* **Assigned task**: Find "plan_hash plan = sha256" and "add_hashes [] steps = ok steps" in the records below. Copy the lines holding them and every line between, exactly, and no others.

(Saved data entries)
/---
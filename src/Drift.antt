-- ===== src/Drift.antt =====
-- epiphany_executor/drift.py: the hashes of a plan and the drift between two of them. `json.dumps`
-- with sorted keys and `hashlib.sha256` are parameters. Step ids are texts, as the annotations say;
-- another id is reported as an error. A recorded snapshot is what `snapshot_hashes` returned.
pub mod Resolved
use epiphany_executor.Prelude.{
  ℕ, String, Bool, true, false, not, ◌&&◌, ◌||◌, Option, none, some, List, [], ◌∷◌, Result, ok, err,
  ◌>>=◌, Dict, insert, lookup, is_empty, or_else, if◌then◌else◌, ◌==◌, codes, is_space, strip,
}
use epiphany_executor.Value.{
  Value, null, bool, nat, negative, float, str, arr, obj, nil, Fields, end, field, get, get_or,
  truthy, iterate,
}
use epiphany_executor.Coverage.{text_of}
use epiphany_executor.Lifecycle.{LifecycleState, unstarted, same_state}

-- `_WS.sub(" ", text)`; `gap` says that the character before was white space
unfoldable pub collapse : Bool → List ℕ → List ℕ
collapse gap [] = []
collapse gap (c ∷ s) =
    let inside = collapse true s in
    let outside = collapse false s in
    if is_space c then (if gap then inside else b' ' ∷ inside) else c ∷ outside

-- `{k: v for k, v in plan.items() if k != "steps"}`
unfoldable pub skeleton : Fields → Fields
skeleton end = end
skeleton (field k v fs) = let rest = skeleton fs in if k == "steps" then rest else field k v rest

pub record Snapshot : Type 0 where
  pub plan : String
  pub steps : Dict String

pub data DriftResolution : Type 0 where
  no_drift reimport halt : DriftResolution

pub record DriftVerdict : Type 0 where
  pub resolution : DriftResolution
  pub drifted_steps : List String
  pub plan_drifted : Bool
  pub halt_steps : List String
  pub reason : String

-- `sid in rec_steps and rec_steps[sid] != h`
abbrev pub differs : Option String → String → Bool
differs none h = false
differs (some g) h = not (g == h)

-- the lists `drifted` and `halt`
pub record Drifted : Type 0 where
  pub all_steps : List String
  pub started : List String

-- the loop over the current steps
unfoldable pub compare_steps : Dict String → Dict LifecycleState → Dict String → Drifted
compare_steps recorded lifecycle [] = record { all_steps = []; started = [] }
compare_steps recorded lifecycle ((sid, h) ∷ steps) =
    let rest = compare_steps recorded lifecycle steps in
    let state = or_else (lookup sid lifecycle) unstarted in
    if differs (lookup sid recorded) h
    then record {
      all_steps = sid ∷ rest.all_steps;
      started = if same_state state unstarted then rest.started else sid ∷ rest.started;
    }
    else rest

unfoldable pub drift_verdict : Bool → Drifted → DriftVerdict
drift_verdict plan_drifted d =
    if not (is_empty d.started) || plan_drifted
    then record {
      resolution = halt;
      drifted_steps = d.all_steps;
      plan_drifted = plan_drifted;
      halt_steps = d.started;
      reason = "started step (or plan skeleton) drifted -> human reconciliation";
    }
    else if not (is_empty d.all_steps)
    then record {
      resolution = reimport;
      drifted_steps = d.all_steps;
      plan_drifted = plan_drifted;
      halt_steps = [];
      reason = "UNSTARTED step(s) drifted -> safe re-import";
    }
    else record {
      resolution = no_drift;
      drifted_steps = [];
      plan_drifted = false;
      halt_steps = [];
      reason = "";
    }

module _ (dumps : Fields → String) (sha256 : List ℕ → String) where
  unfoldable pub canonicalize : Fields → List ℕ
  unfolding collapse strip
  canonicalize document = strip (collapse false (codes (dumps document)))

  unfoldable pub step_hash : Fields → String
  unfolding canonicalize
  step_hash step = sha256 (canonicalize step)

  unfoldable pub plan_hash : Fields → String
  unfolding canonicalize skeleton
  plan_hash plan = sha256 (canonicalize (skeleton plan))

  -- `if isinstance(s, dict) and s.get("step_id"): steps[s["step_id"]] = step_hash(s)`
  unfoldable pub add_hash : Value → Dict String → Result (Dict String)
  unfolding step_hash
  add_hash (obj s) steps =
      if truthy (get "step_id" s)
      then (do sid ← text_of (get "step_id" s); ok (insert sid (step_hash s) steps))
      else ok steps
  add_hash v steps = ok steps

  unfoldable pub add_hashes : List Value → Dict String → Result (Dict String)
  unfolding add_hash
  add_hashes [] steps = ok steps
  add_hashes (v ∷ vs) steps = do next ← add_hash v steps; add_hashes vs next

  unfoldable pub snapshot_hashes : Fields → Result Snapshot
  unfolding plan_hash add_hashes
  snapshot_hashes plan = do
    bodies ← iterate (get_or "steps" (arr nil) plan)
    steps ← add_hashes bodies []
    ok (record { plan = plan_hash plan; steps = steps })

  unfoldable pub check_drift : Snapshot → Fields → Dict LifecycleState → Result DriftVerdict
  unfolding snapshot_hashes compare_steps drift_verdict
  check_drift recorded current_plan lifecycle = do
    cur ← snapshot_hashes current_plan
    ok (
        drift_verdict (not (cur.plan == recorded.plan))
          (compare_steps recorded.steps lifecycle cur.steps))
\---
* **Solution**:
  plan_hash plan = sha256 (canonicalize (skeleton plan))

  -- `if isinstance(s, dict) and s.get("step_id"): steps[s["step_id"]] = step_hash(s)`
  unfoldable pub add_hash : Value → Dict String → Result (Dict String)
  unfolding step_hash
  add_hash (obj s) steps =
      if truthy (get "step_id" s)
      then (do sid ← text_of (get "step_id" s); ok (insert sid (step_hash s) steps))
      else ok steps
  add_hash v steps = ok steps

  unfoldable pub add_hashes : List Value → Dict String → Result (Dict String)
  unfolding add_hash
  add_hashes [] steps = ok steps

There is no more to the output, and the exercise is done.